(Stored data)
——
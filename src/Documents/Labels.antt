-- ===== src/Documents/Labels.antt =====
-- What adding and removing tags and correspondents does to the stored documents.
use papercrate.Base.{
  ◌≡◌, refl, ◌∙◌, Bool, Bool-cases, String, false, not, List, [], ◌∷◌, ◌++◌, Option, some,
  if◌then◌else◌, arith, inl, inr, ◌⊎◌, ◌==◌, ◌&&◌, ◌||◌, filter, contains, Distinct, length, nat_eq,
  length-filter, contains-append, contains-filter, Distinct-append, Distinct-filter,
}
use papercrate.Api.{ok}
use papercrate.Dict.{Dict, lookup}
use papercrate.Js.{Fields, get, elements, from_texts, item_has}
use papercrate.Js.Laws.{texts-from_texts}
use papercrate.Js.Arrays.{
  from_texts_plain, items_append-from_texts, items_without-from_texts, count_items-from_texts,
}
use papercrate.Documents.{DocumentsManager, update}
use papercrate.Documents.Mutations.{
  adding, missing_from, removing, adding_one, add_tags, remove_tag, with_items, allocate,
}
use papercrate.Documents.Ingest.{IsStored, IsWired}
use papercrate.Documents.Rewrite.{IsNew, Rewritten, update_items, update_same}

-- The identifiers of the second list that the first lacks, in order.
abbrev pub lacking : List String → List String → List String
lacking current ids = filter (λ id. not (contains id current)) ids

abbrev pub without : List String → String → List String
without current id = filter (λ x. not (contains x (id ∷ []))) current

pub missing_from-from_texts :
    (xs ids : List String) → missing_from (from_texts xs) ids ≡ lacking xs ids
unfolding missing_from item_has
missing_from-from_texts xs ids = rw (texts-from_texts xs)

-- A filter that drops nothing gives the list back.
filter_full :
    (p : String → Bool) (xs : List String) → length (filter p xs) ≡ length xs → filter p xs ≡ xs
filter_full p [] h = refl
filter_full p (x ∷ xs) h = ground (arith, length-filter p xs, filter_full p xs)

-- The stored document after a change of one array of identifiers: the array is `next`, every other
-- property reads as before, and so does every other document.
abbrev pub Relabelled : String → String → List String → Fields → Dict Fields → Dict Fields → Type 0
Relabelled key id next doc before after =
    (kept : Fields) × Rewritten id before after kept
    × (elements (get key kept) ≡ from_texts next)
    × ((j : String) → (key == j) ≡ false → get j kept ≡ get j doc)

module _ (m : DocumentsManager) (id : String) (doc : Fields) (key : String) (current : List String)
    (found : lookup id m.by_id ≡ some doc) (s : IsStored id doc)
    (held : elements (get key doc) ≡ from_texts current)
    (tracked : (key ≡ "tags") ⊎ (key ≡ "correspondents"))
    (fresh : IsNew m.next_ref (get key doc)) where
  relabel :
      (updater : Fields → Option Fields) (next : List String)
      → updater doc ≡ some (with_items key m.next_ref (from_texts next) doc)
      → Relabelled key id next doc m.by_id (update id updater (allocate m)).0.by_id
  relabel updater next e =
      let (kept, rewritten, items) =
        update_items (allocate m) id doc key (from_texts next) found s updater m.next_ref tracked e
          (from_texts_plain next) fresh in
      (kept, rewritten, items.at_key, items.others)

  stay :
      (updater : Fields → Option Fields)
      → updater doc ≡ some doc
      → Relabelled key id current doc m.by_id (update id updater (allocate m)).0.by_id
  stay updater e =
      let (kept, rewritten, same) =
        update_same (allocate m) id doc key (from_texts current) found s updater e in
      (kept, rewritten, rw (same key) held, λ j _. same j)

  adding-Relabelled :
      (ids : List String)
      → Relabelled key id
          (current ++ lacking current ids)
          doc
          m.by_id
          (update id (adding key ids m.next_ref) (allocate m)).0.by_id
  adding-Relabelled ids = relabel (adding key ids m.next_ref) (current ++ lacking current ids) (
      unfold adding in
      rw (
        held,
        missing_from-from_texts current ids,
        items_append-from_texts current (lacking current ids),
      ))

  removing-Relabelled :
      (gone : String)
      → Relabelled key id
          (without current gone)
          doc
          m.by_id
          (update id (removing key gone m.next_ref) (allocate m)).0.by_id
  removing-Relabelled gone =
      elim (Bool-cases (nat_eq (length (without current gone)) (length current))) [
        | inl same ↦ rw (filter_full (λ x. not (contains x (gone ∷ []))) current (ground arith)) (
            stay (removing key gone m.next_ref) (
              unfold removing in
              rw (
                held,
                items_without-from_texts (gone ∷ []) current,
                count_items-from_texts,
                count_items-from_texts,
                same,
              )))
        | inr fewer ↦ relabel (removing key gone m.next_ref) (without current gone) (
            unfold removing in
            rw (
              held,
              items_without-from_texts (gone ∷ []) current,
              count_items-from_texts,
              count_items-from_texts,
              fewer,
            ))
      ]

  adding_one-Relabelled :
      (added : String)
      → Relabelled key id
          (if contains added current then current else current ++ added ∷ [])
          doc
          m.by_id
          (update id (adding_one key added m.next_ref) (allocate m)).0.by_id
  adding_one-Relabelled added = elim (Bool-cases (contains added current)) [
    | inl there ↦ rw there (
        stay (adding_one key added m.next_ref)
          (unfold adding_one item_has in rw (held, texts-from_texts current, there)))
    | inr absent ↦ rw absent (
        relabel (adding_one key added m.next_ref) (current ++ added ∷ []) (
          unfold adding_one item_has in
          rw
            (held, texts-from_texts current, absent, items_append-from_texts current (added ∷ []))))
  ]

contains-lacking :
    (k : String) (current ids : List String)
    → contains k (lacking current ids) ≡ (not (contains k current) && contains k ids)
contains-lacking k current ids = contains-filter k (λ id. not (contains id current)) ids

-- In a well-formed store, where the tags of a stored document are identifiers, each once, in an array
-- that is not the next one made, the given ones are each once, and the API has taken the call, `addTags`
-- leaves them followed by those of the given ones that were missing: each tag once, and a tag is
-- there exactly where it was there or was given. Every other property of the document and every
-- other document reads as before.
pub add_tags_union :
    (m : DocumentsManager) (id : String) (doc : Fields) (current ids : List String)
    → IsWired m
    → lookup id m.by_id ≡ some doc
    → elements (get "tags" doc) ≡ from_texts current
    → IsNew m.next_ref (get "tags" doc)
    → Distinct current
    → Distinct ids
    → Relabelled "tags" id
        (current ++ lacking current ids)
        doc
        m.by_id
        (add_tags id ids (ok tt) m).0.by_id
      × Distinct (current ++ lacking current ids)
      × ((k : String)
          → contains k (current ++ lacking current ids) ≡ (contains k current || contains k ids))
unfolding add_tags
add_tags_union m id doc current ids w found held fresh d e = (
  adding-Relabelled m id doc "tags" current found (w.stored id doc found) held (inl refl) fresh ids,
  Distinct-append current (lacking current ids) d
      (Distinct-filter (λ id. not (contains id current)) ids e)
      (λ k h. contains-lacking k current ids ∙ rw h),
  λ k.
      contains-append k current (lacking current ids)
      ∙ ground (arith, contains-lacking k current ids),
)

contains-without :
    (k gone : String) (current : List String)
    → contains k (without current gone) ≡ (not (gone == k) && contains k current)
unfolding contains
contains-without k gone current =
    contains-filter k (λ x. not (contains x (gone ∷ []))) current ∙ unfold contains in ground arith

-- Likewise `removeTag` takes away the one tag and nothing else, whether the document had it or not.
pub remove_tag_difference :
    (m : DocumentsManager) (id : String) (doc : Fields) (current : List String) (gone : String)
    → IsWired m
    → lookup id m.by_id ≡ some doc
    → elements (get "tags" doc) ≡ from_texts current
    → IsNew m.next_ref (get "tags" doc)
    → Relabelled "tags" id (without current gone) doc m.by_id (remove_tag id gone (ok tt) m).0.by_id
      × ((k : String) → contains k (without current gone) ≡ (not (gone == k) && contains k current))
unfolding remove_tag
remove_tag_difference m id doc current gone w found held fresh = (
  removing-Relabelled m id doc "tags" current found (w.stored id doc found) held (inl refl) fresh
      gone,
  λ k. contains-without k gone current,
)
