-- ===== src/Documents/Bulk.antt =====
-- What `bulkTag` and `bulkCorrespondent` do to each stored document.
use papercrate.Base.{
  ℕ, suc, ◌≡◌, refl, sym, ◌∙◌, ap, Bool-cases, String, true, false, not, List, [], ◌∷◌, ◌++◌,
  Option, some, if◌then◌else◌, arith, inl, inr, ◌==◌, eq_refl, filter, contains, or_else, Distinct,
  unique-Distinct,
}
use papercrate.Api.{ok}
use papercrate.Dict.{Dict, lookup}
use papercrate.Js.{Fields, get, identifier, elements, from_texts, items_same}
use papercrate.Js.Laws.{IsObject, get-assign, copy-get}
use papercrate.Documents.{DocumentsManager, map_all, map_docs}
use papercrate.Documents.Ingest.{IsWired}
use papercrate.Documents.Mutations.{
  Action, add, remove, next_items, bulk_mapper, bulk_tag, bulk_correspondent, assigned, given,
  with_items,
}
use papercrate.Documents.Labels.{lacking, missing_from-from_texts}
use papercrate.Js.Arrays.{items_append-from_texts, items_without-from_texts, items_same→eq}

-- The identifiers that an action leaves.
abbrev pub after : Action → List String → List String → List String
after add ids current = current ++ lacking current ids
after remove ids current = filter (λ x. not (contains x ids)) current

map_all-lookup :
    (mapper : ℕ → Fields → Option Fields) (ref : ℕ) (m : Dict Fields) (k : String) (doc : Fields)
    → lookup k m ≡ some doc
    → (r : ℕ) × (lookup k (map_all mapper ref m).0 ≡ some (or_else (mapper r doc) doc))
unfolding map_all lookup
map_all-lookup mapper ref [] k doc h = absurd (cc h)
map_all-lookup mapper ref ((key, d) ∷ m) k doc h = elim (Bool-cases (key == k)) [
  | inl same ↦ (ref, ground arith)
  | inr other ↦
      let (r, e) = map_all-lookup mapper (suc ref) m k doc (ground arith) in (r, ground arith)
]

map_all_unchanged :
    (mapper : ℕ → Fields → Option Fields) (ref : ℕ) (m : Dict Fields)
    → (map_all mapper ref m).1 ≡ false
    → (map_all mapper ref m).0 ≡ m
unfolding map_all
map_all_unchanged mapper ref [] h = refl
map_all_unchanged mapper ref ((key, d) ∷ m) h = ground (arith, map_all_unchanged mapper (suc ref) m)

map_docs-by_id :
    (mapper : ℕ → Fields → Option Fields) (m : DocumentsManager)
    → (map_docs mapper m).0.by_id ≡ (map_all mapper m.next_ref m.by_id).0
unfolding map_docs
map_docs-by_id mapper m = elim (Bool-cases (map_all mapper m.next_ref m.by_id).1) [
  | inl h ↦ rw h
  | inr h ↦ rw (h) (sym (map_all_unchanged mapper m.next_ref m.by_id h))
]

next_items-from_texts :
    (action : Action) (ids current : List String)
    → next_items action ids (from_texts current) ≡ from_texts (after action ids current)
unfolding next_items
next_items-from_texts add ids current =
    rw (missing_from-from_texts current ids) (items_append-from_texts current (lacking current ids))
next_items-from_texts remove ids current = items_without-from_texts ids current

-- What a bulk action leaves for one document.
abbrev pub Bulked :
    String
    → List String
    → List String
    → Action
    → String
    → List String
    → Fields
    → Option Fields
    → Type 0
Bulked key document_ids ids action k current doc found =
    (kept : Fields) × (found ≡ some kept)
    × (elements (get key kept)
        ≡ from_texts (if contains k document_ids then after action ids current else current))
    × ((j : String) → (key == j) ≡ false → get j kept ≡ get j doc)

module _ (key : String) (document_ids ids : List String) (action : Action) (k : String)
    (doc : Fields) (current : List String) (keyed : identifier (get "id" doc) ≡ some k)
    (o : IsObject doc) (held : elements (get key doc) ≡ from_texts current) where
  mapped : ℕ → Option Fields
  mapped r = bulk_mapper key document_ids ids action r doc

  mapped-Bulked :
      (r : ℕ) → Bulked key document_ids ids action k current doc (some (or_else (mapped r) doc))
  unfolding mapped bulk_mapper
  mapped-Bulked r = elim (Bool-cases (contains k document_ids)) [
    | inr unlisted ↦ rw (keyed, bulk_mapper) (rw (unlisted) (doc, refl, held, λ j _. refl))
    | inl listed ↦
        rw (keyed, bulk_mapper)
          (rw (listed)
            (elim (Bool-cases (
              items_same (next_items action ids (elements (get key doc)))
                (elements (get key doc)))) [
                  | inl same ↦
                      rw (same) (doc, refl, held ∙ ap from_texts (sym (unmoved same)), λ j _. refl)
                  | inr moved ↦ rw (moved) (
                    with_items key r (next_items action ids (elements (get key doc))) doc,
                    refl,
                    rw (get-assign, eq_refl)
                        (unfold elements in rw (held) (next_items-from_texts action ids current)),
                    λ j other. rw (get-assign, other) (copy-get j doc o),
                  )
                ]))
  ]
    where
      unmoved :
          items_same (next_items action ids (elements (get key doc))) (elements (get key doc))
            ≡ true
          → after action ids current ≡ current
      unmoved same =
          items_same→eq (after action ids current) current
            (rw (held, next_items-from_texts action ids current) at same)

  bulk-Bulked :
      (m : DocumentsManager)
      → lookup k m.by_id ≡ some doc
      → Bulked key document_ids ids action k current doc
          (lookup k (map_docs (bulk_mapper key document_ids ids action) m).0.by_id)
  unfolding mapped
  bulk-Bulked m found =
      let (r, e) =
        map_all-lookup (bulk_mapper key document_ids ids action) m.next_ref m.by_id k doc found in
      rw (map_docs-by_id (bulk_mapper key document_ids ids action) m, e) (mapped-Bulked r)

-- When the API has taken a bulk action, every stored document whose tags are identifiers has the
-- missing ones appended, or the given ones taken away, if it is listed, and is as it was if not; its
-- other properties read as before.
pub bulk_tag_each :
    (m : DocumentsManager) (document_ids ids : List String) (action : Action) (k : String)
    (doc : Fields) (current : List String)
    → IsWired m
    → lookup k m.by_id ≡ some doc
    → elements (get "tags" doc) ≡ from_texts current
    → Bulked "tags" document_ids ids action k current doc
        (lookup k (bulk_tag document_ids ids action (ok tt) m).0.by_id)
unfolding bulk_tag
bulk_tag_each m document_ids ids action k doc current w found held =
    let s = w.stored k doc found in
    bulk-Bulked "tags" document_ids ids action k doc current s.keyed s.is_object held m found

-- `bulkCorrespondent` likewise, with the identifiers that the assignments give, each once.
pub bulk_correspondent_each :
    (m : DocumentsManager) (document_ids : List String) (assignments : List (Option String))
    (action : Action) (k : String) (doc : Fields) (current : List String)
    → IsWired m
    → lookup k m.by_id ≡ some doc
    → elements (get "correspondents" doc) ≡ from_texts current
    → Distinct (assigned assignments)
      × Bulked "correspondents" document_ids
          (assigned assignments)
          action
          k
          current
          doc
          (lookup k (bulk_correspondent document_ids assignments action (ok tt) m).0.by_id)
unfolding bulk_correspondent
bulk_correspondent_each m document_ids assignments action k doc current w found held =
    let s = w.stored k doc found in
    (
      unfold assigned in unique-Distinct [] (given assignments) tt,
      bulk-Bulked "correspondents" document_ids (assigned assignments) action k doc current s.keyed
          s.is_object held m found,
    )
——
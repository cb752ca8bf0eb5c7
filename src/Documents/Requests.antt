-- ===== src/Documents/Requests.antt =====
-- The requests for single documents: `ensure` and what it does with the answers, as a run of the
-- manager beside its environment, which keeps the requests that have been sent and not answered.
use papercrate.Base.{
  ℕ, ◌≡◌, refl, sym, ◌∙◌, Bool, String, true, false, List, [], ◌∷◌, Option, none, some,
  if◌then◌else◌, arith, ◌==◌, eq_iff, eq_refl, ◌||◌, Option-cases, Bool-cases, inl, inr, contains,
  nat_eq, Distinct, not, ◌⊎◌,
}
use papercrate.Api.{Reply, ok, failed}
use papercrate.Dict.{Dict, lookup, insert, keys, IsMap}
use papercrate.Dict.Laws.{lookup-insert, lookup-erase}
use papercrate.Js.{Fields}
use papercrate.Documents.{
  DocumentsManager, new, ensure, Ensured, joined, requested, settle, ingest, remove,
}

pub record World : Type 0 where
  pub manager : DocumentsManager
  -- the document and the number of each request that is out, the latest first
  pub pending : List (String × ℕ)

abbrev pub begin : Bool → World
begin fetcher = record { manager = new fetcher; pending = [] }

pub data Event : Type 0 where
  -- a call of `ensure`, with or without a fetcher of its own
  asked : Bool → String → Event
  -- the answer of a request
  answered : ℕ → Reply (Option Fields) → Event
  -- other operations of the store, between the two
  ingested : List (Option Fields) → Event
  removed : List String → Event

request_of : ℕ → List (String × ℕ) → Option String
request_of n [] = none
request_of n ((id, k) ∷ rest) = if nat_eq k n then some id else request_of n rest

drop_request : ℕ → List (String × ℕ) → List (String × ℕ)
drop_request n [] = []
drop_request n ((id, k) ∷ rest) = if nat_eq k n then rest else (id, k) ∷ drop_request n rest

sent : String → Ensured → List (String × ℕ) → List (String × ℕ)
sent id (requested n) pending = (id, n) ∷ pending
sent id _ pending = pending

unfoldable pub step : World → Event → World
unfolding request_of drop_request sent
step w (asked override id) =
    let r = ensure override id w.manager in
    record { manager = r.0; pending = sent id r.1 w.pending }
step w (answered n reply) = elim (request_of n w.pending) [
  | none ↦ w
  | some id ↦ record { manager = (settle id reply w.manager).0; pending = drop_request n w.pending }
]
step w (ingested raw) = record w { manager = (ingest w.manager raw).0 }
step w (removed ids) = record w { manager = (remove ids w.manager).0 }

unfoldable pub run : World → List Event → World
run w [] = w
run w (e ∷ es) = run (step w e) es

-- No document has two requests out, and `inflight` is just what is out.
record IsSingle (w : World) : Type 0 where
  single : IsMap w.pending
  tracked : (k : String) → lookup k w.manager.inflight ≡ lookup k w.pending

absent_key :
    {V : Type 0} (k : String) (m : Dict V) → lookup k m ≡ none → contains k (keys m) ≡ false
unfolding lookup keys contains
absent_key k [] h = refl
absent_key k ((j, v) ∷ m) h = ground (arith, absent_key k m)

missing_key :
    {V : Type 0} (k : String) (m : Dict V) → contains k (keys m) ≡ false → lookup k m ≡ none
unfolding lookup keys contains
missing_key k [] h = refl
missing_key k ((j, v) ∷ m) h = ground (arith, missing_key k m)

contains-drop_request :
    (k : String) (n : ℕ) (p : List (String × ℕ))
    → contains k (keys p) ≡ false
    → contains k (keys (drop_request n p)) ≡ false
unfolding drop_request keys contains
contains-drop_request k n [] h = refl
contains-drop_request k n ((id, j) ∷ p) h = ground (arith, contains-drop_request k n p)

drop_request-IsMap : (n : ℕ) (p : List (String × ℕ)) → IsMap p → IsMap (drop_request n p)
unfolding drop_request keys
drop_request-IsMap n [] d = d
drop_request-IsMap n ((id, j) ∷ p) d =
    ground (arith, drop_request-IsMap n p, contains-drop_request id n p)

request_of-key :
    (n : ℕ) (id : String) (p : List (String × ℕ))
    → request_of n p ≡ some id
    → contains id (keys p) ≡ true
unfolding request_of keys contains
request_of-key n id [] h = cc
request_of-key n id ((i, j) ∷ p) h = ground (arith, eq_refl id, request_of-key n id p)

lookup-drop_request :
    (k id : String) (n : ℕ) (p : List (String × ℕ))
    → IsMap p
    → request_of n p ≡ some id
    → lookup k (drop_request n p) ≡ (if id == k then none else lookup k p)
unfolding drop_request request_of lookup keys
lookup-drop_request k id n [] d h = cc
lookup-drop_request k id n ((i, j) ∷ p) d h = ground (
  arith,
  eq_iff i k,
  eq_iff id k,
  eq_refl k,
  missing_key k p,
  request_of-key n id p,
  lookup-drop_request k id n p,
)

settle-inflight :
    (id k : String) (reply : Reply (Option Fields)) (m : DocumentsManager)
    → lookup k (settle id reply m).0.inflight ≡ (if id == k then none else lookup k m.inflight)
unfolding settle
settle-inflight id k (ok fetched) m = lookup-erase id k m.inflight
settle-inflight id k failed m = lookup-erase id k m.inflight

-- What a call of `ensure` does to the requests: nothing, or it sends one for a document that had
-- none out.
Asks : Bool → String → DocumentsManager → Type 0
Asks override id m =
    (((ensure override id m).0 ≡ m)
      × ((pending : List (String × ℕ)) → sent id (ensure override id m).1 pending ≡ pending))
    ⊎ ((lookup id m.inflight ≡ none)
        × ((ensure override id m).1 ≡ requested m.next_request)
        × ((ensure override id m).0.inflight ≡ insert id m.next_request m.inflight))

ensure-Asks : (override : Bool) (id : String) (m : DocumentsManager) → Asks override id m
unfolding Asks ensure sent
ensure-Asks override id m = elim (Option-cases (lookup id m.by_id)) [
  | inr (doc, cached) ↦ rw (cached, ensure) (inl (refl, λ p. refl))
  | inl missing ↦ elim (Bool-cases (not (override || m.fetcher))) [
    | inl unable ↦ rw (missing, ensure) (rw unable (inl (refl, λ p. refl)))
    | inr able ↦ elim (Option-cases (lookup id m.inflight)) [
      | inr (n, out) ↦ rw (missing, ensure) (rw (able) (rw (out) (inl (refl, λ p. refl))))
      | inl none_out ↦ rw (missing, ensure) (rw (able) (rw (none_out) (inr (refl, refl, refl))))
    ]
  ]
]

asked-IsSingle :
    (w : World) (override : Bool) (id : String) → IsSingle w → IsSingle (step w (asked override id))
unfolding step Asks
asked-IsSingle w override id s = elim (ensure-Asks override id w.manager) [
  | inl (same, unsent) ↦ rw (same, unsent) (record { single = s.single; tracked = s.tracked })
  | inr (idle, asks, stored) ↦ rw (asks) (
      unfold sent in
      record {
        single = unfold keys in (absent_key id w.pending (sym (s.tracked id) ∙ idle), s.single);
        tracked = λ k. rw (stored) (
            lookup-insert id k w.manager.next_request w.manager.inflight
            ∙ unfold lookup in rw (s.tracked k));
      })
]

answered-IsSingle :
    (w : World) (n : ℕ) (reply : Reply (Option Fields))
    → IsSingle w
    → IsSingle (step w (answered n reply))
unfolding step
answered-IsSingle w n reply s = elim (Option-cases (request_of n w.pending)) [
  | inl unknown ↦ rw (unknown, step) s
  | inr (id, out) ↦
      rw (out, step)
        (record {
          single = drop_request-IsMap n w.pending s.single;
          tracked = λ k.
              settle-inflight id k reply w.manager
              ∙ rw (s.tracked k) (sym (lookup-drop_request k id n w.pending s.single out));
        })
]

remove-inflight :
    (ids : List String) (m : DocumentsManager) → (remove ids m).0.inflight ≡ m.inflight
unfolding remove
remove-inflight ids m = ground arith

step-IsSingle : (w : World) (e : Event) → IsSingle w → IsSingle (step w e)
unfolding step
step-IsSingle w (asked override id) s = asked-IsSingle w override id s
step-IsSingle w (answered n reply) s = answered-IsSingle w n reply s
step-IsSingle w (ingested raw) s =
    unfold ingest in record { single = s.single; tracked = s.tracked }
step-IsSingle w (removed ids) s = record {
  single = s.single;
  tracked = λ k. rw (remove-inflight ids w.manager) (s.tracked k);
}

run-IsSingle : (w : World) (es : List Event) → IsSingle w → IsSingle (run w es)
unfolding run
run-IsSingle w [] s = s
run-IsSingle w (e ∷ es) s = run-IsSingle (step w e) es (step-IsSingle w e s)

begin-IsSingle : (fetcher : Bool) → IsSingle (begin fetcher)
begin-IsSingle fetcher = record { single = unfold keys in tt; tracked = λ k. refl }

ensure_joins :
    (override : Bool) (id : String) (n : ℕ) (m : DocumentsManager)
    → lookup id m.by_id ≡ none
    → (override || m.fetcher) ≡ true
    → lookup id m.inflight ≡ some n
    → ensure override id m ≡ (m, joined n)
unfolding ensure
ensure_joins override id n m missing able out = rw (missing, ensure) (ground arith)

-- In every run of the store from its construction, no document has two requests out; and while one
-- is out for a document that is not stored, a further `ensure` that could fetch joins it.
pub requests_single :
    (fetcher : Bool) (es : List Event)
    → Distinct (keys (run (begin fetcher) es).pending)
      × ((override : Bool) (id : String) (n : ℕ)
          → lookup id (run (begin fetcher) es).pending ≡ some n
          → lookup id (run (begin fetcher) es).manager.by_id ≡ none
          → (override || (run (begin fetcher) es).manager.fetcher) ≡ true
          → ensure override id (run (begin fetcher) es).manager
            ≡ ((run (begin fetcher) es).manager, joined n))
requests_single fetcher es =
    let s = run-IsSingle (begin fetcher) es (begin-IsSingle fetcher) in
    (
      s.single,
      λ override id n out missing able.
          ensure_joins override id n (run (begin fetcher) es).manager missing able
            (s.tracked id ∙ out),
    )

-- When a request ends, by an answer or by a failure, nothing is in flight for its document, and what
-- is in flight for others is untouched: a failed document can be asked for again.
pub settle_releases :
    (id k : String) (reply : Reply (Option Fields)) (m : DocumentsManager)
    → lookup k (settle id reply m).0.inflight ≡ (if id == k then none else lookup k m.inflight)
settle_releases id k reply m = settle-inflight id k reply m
——
Work order: Wherever the word "Type" turns up in a line of the entries above, copy that line.

Answer section:
abbrev pub Relabelled : String → String → List String → Fields → Dict Fields → Dict Fields → Type 0
    → Type 0
pub record World : Type 0 where
pub data Event : Type 0 where
record IsSingle (w : World) : Type 0 where
    {V : Type 0} (k : String) (m : Dict V) → lookup k m ≡ none → contains k (keys m) ≡ false
    {V : Type 0} (k : String) (m : Dict V) → contains k (keys m) ≡ false → lookup k m ≡ none
Asks : Bool → String → DocumentsManager → Type 0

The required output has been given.